» **PROMPT**: Look below for the line containing "evidence req_text b)"; from there, print each line exactly up to and including the line containing "let code : Option", and stop.

§

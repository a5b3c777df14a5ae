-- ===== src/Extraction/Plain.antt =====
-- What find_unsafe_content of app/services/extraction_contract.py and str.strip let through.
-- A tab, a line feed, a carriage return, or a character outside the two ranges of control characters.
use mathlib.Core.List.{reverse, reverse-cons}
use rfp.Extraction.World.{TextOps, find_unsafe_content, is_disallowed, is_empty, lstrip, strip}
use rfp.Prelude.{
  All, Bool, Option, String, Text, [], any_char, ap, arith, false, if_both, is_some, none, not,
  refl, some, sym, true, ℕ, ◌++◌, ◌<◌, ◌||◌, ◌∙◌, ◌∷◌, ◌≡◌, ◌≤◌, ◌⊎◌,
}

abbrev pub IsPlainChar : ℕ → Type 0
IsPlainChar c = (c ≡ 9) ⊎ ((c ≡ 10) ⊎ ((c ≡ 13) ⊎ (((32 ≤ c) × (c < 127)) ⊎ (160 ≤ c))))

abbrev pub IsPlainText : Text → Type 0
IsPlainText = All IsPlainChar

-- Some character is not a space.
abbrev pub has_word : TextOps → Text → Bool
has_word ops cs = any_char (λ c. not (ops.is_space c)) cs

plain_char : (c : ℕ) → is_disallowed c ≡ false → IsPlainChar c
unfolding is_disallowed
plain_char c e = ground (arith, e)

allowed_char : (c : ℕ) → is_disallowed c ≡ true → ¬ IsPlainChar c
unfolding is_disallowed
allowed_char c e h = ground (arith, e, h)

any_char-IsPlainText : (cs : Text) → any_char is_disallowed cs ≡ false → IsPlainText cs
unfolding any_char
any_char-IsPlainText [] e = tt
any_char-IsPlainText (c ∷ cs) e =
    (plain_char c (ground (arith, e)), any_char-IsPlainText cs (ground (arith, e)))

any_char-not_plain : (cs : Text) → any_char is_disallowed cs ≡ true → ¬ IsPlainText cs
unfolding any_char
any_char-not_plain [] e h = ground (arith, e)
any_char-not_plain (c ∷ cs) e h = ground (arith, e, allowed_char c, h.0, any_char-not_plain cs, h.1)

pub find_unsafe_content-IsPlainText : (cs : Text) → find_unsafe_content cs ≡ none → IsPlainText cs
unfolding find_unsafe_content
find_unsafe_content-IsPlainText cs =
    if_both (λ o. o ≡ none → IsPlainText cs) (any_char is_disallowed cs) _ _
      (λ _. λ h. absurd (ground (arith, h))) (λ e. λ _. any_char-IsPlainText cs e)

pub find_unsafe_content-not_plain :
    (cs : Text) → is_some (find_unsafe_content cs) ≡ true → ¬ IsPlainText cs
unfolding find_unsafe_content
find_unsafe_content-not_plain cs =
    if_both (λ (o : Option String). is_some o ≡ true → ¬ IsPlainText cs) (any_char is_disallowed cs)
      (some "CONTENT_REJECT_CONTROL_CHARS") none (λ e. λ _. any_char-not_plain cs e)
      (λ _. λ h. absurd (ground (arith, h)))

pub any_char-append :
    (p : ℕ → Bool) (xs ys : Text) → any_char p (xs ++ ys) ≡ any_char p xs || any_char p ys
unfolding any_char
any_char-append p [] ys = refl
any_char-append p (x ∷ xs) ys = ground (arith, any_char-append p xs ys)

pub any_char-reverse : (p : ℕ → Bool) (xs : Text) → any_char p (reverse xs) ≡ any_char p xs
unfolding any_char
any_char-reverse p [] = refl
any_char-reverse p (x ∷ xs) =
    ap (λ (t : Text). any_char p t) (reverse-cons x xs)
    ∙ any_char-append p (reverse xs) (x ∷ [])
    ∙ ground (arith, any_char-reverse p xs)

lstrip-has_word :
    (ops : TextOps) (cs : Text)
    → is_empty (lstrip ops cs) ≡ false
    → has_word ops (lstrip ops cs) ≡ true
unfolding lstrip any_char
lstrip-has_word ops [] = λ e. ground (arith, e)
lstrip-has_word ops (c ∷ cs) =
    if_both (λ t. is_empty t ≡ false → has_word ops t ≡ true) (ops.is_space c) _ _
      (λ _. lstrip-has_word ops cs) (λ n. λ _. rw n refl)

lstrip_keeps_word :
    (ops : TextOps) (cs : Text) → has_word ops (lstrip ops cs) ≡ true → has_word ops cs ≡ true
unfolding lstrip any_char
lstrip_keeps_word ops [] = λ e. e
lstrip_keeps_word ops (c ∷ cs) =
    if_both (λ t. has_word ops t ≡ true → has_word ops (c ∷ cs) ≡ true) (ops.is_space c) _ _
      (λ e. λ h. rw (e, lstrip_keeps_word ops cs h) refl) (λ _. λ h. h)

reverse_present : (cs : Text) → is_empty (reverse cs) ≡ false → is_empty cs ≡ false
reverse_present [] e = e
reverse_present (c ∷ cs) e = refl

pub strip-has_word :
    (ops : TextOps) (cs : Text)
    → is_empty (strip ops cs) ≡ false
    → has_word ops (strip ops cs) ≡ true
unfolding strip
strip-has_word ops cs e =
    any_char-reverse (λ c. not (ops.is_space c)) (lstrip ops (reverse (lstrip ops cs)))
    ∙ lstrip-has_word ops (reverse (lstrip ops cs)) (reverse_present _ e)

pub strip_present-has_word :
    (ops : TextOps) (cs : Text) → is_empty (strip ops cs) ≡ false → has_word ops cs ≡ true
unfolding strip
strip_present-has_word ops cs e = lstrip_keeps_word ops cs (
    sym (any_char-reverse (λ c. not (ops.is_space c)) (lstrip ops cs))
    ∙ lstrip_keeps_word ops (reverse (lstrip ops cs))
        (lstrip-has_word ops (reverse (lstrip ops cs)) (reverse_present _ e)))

§

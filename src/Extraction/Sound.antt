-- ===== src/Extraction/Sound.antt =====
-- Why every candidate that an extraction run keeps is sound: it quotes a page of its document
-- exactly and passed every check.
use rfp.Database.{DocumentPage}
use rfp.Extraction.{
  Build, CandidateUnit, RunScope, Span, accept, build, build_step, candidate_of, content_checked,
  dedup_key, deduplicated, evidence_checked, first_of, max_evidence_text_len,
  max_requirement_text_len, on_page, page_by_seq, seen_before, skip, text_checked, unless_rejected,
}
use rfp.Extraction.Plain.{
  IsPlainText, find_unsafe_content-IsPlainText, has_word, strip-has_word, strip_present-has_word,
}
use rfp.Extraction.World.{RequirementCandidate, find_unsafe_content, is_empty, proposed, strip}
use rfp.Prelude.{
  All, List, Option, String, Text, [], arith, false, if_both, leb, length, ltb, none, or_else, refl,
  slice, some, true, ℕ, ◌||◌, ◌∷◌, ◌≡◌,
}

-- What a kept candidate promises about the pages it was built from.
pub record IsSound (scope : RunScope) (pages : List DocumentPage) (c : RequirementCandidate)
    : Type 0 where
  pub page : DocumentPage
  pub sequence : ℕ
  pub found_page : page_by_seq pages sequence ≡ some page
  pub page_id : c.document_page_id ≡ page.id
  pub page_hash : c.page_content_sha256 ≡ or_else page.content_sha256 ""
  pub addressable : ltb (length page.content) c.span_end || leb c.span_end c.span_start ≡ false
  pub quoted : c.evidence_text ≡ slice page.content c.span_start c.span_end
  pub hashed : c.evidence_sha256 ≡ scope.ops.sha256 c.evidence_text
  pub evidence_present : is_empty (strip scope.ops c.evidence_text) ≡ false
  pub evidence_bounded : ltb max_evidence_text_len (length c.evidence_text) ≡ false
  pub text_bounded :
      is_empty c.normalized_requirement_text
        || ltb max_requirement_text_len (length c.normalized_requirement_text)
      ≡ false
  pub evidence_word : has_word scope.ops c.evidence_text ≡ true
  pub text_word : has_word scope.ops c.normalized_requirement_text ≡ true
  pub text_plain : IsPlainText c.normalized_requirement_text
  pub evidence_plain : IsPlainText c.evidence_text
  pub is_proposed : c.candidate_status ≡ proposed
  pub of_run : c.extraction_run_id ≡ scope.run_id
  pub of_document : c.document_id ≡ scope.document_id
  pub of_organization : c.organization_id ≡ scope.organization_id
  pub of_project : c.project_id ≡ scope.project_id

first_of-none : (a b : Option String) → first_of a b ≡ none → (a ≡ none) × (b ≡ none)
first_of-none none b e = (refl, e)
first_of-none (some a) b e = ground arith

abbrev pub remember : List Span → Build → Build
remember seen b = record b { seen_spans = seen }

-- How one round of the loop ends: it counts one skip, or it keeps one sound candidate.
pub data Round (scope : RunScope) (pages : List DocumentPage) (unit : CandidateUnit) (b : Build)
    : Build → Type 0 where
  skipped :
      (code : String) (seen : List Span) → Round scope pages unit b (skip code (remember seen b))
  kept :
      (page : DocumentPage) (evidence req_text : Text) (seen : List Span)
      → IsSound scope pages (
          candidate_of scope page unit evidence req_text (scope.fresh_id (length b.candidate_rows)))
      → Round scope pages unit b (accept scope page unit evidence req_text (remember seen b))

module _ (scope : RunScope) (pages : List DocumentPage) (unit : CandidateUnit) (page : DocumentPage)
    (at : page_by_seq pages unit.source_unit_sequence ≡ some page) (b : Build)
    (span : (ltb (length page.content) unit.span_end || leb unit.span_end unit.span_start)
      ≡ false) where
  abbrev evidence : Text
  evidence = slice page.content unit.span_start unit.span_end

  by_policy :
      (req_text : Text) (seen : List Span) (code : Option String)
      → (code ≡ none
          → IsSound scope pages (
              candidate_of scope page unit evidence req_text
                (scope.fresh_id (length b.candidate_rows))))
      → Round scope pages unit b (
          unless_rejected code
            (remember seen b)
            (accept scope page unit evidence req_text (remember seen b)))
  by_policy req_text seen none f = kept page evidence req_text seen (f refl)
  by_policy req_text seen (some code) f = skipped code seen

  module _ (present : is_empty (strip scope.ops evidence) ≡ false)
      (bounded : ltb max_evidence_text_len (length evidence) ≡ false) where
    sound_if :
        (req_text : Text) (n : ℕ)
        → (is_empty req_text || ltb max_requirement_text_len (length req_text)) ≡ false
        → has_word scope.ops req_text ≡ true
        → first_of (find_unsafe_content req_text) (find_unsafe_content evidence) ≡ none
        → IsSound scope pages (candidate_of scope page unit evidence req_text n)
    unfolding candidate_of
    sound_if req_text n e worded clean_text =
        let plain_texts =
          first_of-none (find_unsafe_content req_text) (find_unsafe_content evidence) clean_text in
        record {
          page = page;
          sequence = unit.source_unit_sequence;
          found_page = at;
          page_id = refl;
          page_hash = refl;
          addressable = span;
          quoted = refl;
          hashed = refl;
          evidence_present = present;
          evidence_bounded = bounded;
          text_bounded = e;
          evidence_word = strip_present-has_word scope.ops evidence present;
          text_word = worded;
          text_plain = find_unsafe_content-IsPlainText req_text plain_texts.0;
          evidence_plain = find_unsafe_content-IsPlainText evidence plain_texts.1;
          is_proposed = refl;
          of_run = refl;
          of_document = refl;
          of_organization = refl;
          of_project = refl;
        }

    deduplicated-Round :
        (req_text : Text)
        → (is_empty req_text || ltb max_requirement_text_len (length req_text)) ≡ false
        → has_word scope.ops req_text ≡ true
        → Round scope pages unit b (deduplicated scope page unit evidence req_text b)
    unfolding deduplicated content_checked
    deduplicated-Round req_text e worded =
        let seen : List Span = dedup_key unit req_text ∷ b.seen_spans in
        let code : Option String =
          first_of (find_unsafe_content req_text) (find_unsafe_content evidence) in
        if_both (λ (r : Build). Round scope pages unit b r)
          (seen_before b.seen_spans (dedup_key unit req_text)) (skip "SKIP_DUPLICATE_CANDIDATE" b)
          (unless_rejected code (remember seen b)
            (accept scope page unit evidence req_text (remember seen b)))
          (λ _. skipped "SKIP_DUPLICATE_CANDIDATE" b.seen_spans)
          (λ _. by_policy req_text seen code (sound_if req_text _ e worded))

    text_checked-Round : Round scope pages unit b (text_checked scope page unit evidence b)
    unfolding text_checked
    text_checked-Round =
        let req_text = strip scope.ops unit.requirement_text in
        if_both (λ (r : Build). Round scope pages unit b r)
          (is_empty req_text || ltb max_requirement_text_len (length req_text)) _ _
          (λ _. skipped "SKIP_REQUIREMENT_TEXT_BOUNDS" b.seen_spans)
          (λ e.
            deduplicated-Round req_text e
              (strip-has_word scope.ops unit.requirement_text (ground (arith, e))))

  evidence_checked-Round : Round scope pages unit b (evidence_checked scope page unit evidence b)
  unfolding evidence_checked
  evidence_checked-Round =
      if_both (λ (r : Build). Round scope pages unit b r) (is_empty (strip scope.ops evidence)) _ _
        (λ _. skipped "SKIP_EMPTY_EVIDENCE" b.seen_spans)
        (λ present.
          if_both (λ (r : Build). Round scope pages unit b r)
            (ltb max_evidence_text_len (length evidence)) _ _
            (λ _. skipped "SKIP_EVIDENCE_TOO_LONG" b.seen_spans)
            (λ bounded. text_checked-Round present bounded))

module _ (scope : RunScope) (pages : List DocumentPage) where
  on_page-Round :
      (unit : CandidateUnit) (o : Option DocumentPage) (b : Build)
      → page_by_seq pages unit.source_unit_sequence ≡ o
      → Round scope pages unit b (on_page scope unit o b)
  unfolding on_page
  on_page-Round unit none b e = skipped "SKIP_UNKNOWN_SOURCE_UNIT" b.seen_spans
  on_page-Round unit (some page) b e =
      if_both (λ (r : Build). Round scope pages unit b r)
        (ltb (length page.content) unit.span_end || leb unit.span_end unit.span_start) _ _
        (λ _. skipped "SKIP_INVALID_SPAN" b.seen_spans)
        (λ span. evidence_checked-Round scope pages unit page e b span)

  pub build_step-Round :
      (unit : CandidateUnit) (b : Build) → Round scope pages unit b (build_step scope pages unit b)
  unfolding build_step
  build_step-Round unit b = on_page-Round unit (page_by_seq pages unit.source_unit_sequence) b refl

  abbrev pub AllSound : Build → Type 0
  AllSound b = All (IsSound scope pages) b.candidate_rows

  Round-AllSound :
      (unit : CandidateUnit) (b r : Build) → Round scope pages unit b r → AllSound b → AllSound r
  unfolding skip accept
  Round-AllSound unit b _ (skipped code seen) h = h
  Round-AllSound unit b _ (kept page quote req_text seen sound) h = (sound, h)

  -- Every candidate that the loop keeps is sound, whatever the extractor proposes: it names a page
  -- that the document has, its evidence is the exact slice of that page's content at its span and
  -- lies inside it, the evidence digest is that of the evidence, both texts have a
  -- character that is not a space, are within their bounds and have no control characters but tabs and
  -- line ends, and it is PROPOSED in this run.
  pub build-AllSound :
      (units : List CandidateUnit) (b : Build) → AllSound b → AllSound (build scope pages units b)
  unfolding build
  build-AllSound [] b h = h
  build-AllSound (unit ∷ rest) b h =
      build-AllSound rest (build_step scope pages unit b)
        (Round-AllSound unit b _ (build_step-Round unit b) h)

§

» **TASK SOLUTION**:
        → Round scope pages unit b (deduplicated scope page unit evidence req_text b)
    unfolding deduplicated content_checked
    deduplicated-Round req_text e worded =
        let seen : List Span = dedup_key unit req_text ∷ b.seen_spans in
        let code : Option String =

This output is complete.